If a planet with mass of 4.35 × 10^23kg is rotating around the sun with an orbital period of 10.1 years, what is the orbital radius of the planet? (The constant of universal gravitation is G=6.673×10^-11) Assume the orbit is circular
We can use Kepler's Third Law, which relates the orbital period and the orbital radius of a planet around its star.
Kepler's Third Law is given by the equation:
T^2 = (4π^2/GM) * R^3
Where T is the orbital period, G is the gravitational constant, M is the mass of the central star, and R is the orbital radius.
Given:
M = mass of the Sun = 1.989 × 10^30 kg
T = 10.1 years = 10.1 × 365.25 × 24 × 60 × 60 seconds (converted to seconds)
Substituting these values into the equation, we have:
(10.1 × 365.25 × 24 × 60 × 60)^2 = (4π^2/(6.673×10^-11))*(1.989 × 10^30) * R^3
Simplifying the equation, we get:
(10.1 × 365.25 × 24 × 60 × 60)^2 = (25.1707 × 6.673×10^-11) * R^3
Solving for R^3:
R^3 = [(10.1 × 365.25 × 24 × 60 × 60)^2]/[(25.1707 × 6.673×10^-11)]
Taking the cube root of both sides to solve for R, we have:
R ≈ ∛[(10.1 × 365.25 × 24 × 60 × 60)^2]/[(25.1707 × 6.673×10^-11)]
Calculating this value, the orbital radius, R, is approximately 2.831 × 10^11 meters.
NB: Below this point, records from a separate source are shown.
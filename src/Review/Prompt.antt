-- ===== src/Review/Prompt.antt =====
-- backend/src/codesensei/review/prompt.py: the user's message. The system's message is a constant, and
-- is left out.
use codesensei.Common.{
  ℕ, ◌+◌, pos, List, [], ◌∷◌, ◌++◌, Text, codes, decimal, join_lines, is_empty, if◌then◌else◌,
  length, take, ◌&&◌,
}
use codesensei.Review.Schema.{TemporalEntry}
use codesensei.Review.Temporal.{Found, Pool}
use codesensei.Indexing.Retrieval.{RetrievedChunk}

abbrev number : ℕ → Text
number n = decimal (pos n)

abbrev total_tokens : List RetrievedChunk → ℕ
total_tokens [] = 0
total_tokens (c ∷ cs) = c.token_count + total_tokens cs

-- " (lines a-b)".
abbrev lines_text : ℕ → ℕ → Text
lines_text start end =
    codes " (lines " ++ (number start ++ (codes "-" ++ (number end ++ codes ")")))

abbrev chunk_pieces : List RetrievedChunk → List Text
chunk_pieces [] = codes "End of repository context." ∷ [] ∷ []
chunk_pieces (c ∷ cs) =
    (codes "--- " ++ (c.file_path ++ (lines_text c.start_line c.end_line ++ codes " ---")))
    ∷ c.content
    ∷ []
    ∷ chunk_pieces cs

unfoldable pub render_context_block : List RetrievedChunk → Text
unfolding decimal join_lines
render_context_block [] = []
render_context_block (c ∷ cs) =
    join_lines (
      (codes "Relevant context from repository (top-"
        ++ (number (length (c ∷ cs))
            ++ (codes " chunks, total "
                ++ (number (total_tokens (c ∷ cs)) ++ codes " tokens):\n"))))
      ∷ chunk_pieces (c ∷ cs))
    ++ (10 ∷ [])

-- The windows with entries, and the files with such windows.
abbrev pub kept_windows : List Found → List Found
kept_windows [] = []
kept_windows ((w, []) ∷ ws) = kept_windows ws
kept_windows ((w, e ∷ es) ∷ ws) = (w, e ∷ es) ∷ kept_windows ws

abbrev pub with_file : Text → List Found → Pool → Pool
with_file path [] rest = rest
with_file path (w ∷ ws) rest = (path, w ∷ ws) ∷ rest

abbrev pub non_empty : Pool → Pool
non_empty [] = []
non_empty ((path, ws) ∷ files) = with_file path (kept_windows ws) (non_empty files)

abbrev entry_lines : List TemporalEntry → List Text → List Text
entry_lines [] rest = [] ∷ rest
entry_lines (e ∷ es) rest =
    (codes "  - "
      ++ (e.short_sha
          ++ (codes " "
              ++ (take 10 e.author_date
                  ++ (codes " " ++ (e.author_email ++ (codes ": " ++ e.subject)))))))
    ∷ entry_lines es rest

abbrev window_lines : Text → List Found → List Text → List Text
window_lines path [] rest = rest
window_lines path ((w, es) ∷ ws) rest =
    (codes "File: " ++ (path ++ lines_text w.start_line w.end_line))
    ∷ codes "Recent commits touching these lines:"
    ∷ entry_lines es (window_lines path ws rest)

abbrev file_lines : Pool → List Text
file_lines [] = []
file_lines ((path, ws) ∷ files) = window_lines path ws (file_lines files)

abbrev pub hints : Pool → Text
unfolding decimal join_lines
hints [] = []
hints (f ∷ files) =
    join_lines (
      codes
        "Code history hints (these lines have changed recently — consider whether your fix is consistent with recent intent):"
      ∷ []
      ∷ file_lines (f ∷ files))
    ++ (10 ∷ [])

unfoldable pub render_temporal_block : Pool → Text
unfolding hints
render_temporal_block pool = hints (non_empty pool)

-- `USER_TEMPLATE.format(DIFF=diff)`.
abbrev pub user_body : Text → Text
user_body diff = codes "Review the following unified diff:\n\n```diff\n" ++ (diff ++ codes "\n```")

unfoldable pub render_user_message : Text → List RetrievedChunk → Pool → Text
unfolding render_context_block render_temporal_block
render_user_message diff chunks pool =
    let temporal_block = render_temporal_block pool in
    let context_block = render_context_block chunks in
    if is_empty temporal_block && is_empty context_block
    then user_body diff
    else temporal_block ++ (context_block ++ user_body diff)
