-- ===== src/Review/Pricing.antt =====
-- backend/src/codesensei/review/pricing.py. Prices are in cents for a million tokens, costs in whole
-- millionths of a dollar; halves, where a float may fall on either side, are rounded up.
pub mod Nearest
use codesensei.Common.{
  ℕ, ◌+◌, ◌*◌, ◌/◌, ◌-◌, ◌≤◌, ◌≡◌, refl, Bool, true, false, ◌&&◌, Option, none, some, List, [], ◌∷◌,
  Text, codes, text_eq, if◌then◌else◌, arith,
}
use codesensei.Common.Options.{Holds}

-- A provider, a model, and the prices of its input and of its output.
abbrev pub Price : Type 0
Price = Text × Text × ℕ × ℕ

abbrev pub pricing_per_1m : List Price
pricing_per_1m =
    (codes "openai", codes "gpt-4o-mini", 15, 60)
    ∷ (codes "openai", codes "gpt-4o", 250, 1000)
    ∷ (codes "openai", codes "gpt-4.1-mini", 40, 160)
    ∷ (codes "anthropic", codes "claude-3-5-sonnet-latest", 300, 1500)
    ∷ (codes "anthropic", codes "claude-3-5-haiku-latest", 80, 400)
    ∷ []

unfoldable pub rates : Text → Text → List Price → Option (ℕ × ℕ)
unfolding text_eq
rates provider model [] = none
rates provider model ((p, m, in_price, out_price) ∷ prices) =
    let rest = rates provider model prices in
    if text_eq p provider && text_eq m model then some (in_price, out_price) else rest

abbrev pub rounded : ℕ → ℕ → Option (ℕ × ℕ) → Option ℕ
rounded prompt completion none = none
rounded prompt completion (some (in_price, out_price)) =
    some ((prompt * in_price + completion * out_price + 50) / 100)

unfoldable pub compute_cost_usd : Text → Option Text → Option ℕ → Option ℕ → Option ℕ
unfolding rates
compute_cost_usd provider model none completion = none
compute_cost_usd provider model (some prompt) none = none
compute_cost_usd provider none (some prompt) (some completion) = none
compute_cost_usd provider (some model) (some prompt) (some completion) =
    rounded prompt completion (rates provider model pricing_per_1m)
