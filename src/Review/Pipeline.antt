-- ===== src/Review/Pipeline.antt =====
-- backend/src/codesensei/review/service.py: a review from the diff to the stored run. What lies
-- outside is a parameter: how the provider's chat ends, the store's connection, the libraries, the
-- clock. A run is the stages that it announced, how it ended, and the history that it leaves.
pub mod Context
pub mod Ends
pub mod Stages
pub mod Tests
use codesensei.Common.{
  ℕ, zero, suc, ◌+◌, Bool, true, false, not, ◌&&◌, Option, none, some, List, [], ◌∷◌, ◌++◌, Text,
  codes, text_eq, ltb, leb, ◌==◌, if◌then◌else◌, is_empty, length, any,
}
use codesensei.Common.Digits.{Unicode}
use codesensei.Review.RunParts.{
  ChatEnd, Usage, Saving, or_raise, char_bytes, utf8_length, size_within, enforce_size, translated,
  after_search, file_step, context_files_from, context_files_of, selected_of, after_chat,
  verdict_value, persist_run, usage_field, routed, kind_of, answers, times_out, chat_raises,
  provider_fails, saves, insert_raises, prune_raises,
}
use codesensei.Review.Errors.{
  ReviewErrorCategory, ReviewError, Result, ok, raised, raised_other, review_error,
  payload_too_large, repo_not_ready, provider_unavailable,
}
use codesensei.Review.Schema.{Finding, Verdict, approve, request_changes, comment}
use codesensei.Review.Windows.{LineWindow, collapse_diff_to_windows}
use codesensei.Review.Temporal.{TaskEnd, Pool, fetch_temporal_pool_for_review}
use codesensei.Review.Attach.{attach_temporal_context}
use codesensei.Review.Hunks.{extract_rhs_hunks}
use codesensei.Review.Parser.{Libraries, parse_review}
use codesensei.Review.Prompt.{render_user_message}
use codesensei.Review.Pricing.{compute_cost_usd}
use codesensei.Indexing.Errors.{
  Exc, Outcome, index_error, provider_error, job_error, redis_error, other, already_indexing,
  not_found, IndexErrorCategory,
}
use codesensei.Indexing.Store.{Repo, Db, fetch_repo}
use codesensei.Indexing.Fill.{Provider}
use codesensei.Indexing.Retrieval.{
  RetrievedChunk, RetrievalResult, Searched, found, review_raised, exc_raised, search,
}
use codesensei.History.{History, NewRun, ReviewRun, insert_run, prune_to_cap}

pub data Stage : Type 0 where
  fetching validating retrieving temporal llm parsing persisting : Stage

pub record World (V : Type 0) : Type 0 where
  pub db : Db V
  pub distance : V → V → Option ℕ
  pub embedding : Outcome (Provider V)
  pub embedding_model : Text
  pub libraries : Libraries
  pub max_diff_bytes : ℕ
  pub pool_clock : ℕ → ℕ
  pub task_ends : Text → LineWindow → TaskEnd
  pub has_llm : Bool
  pub llm_name : Text
  pub chat : Text → ChatEnd
  pub usage : Option Usage
  pub elapsed_ms : ℕ
  pub now : ℕ
  pub saving : Saving

pub record ReviewResult : Type 0 where
  pub verdict : Verdict
  pub findings : List Finding
  pub provider : Text
  pub elapsed_ms : ℕ
  pub context_files : Option (List Text)
  pub prompt_tokens : Option ℕ
  pub completion_tokens : Option ℕ
  pub cost_usd : Option ℕ
  pub run_id : Option ℕ

pub record Run : Type 0 where
  pub stages : List Stage
  pub result : Result ReviewResult
  pub history : History

-- `await notify(…)`, and what follows.
abbrev pub say : Stage → Run → Run
say s r = record r { stages = s ∷ r.stages }

-- A step that raises ends the run.
abbrev pub step {ℓ} : {A : Type ℓ} → History → Result A → (A → Run) → Run
step h (ok a) f = f a
step h (raised e) f = record { stages = []; result = raised e; history = h }
step h raised_other f = record { stages = []; result = raised_other; history = h }

module _ {V : Type 0} (w : World V) where
  abbrev unicode_of : Unicode
  unicode_of = w.libraries.unicode

  -- From the parsed and routed findings on.
  abbrev pub finished :
      History
      → Text
      → Option ℕ
      → Option Text
      → Option RetrievalResult
      → Verdict
      → List Finding
      → Run
  unfolding context_files_of
  finished h diff repo_id pr_url retrieved verdict findings =
      let prompt_tokens = usage_field (λ u. u.prompt_tokens) w.usage in
      let completion_tokens = usage_field (λ u. u.completion_tokens) w.usage in
      let cost_usd =
        compute_cost_usd w.llm_name (usage_field (λ u. u.model) w.usage) prompt_tokens
          completion_tokens in
      let context_files = context_files_of retrieved in
      let (run_id, h') =
        persist_run w.saving h w.now
          (record {
            input_kind = kind_of pr_url;
            pr_url = pr_url;
            repo_id = repo_id;
            diff = diff;
            verdict = verdict_value verdict;
            provider = w.llm_name;
            elapsed_ms = w.elapsed_ms;
            context_files = context_files;
            prompt_tokens = prompt_tokens;
            completion_tokens = completion_tokens;
            cost_usd = cost_usd;
          })
          findings in
      record {
        stages = persisting ∷ [];
        result = ok (record {
          verdict = verdict;
          findings = findings;
          provider = w.llm_name;
          elapsed_ms = w.elapsed_ms;
          context_files = context_files;
          prompt_tokens = prompt_tokens;
          completion_tokens = completion_tokens;
          cost_usd = cost_usd;
          run_id = run_id;
        });
        history = h';
      }

  -- From the chat on.
  abbrev pub asked : History → Text → Option ℕ → Option Text → Option RetrievalResult → Pool → Run
  asked h diff repo_id pr_url retrieved pool = say llm (
      step h (after_chat (w.chat (render_user_message diff (selected_of retrieved) pool))) (λ raw.
        say parsing (
          step h (parse_review w.libraries raw) (λ r.
            step h (routed pool r.1)
              (λ findings. finished h diff repo_id pr_url retrieved r.0 findings)))))

  -- `get_llm_provider()` raises where no provider is configured.
  abbrev pub chatted : History → Text → Option ℕ → Option Text → Option RetrievalResult → Pool → Run
  chatted h diff repo_id pr_url retrieved pool =
      step h (or_raise (if w.has_llm then some (tt {0}) else none))
        (λ _. asked h diff repo_id pr_url retrieved pool)

  -- From the windows of the history on.
  abbrev pub with_windows :
      History
      → Text
      → Option ℕ
      → Option Text
      → Option RetrievalResult
      → List (Text × List LineWindow)
      → Run
  with_windows h diff repo_id pr_url retrieved [] = chatted h diff repo_id pr_url retrieved []
  with_windows h diff repo_id pr_url retrieved (f ∷ files) = say temporal (
      chatted h diff repo_id pr_url retrieved
        (fetch_temporal_pool_for_review w.pool_clock w.task_ends (f ∷ files)).0)

  -- `repo_source`: the source of the repository, where it is there and not empty.
  abbrev pub with_source :
      History → Text → Option ℕ → Option Text → Option RetrievalResult → Option Repo → Run
  with_source h diff repo_id pr_url retrieved none = chatted h diff repo_id pr_url retrieved []
  with_source h diff repo_id pr_url retrieved (some row) =
      if is_empty row.source
      then chatted h diff repo_id pr_url retrieved []
      else step h (or_raise (extract_rhs_hunks unicode_of diff))
          (λ hunks. with_windows h diff repo_id pr_url retrieved (collapse_diff_to_windows hunks))

  abbrev pub retrieve_context : ℕ → Text → Result RetrievalResult
  retrieve_context id diff =
      after_search (search unicode_of w.distance w.db id 5 3000 w.embedding_model diff w.embedding)

  abbrev pub with_repo : History → Text → Option ℕ → Option Text → Run
  with_repo h diff none pr_url = chatted h diff none pr_url none []
  with_repo h diff (some id) pr_url = say retrieving (
      step h (retrieve_context id diff)
        (λ r. with_source h diff (some id) pr_url (some r) (fetch_repo w.db id)))

  -- `_run_chat`.
  unfoldable pub run_chat : History → Text → Option ℕ → Option Text → Run
  unfolding enforce_size
  run_chat h diff repo_id pr_url =
      say validating
        (step h (enforce_size w.max_diff_bytes diff) (λ _. with_repo h diff repo_id pr_url))

  -- The two calls of `ReviewService`; the diff of a pull request is what `fetch_pr_diff` ends with.
  abbrev pub run_for_diff : History → Text → Option ℕ → Run
  run_for_diff h diff repo_id = run_chat h diff repo_id none

  abbrev pub run_for_url : History → Text → Result Text → Option ℕ → Run
  run_for_url h pr_url fetched repo_id =
      say fetching (step h fetched (λ diff. run_chat h diff repo_id (some pr_url)))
To find the orbital radius of the planet, we can use Kepler's third law of planetary motion:
T^2 = (4π^2 / GM) × r^3
Where:
T = orbital period
G = gravitational constant
M = mass of the sun
r = orbital radius of the planet
Given:
M = mass of the planet = 4.35 × 10^23 kg
T = orbital period = 10.1 years = 10.1 × 365.25 × 24 × 60 × 60 seconds (since 1 year = 365.25 days, 1 day = 24 hours, 1 hour = 60 minutes, 1 minute = 60 seconds)
G = gravitational constant = 6.673 × 10^-11 m^3/kg/s^2
Plugging in the values into the formula, we have:
T^2 = (4π^2 / GM) × r^3
(10.1 × 365.25 × 24 × 60 × 60 seconds)^2 = (4π^2 / (6.673 × 10^-11 m^3/kg/s^2) × (r^3)
Simplifying:
(10.1 × 365.25 × 24 × 60 × 60)^2 = (4π^2 / (6.673 × 10^-11)) × (r^3)
4783859440.25 = 4π^2 / (6.673 × 10^-11) × (r^3)
Rearranging the equation to solve for r^3:
r^3 = (4783859440.25 × 6.673 × 10^-11) / (4π^2)
Taking the cube root of both sides to find r:
r = (4783859440.25 × 6.673 × 10^-11) / (4π^2)^(1/3)
Calculating the expression:
r ≈ 1.496 × 10^11 meters
Therefore, the orbital radius of the planet is approximately 1.496 × 10^11 meters.
To find the orbital radius of the planet, we can use Kepler's Third Law of Planetary Motion, which relates the orbital period, orbital radius, and the mass of the central body (in this case, the Sun).
Kepler's Third Law states that the square of the orbital period (T) is proportional to the cube of the orbital radius (r):
T^2 ∝ r^3
We can rearrange the equation to solve for the orbital radius:
r = (T^2 * G * M_s) / (4π^2)
Where:
T is the orbital period in seconds
G is the gravitational constant (6.673×10^-11 N m^2 / kg^2)
M_s is the mass of the Sun (1.989 × 10^30 kg)
π is a mathematical constant approximately equal to 3.14159
Now, let's calculate the orbital radius:
Step 1: Convert the orbital period from years to seconds:
Given T = 10.1 years
1 year = 365.25 days (accounting for leap years)
1 day = 24 hours
1 hour = 60 minutes
1 minute = 60 seconds
T = 10.1 years * 365.25 days/year * 24 hours/day * 60 minutes/hour * 60 seconds/minute
T ≈ 3.18 × 10^8 seconds
Step 2: Plug the values into the formula:
r = (T^2 * G * M_s) / (4π^2)
= (3.18 × 10^8)^2 * (6.673×10^-11) * (1.989 × 10^30) / (4 * 3.14159^2)
Perform the calculation using a calculator, and the result will be the orbital radius in meters.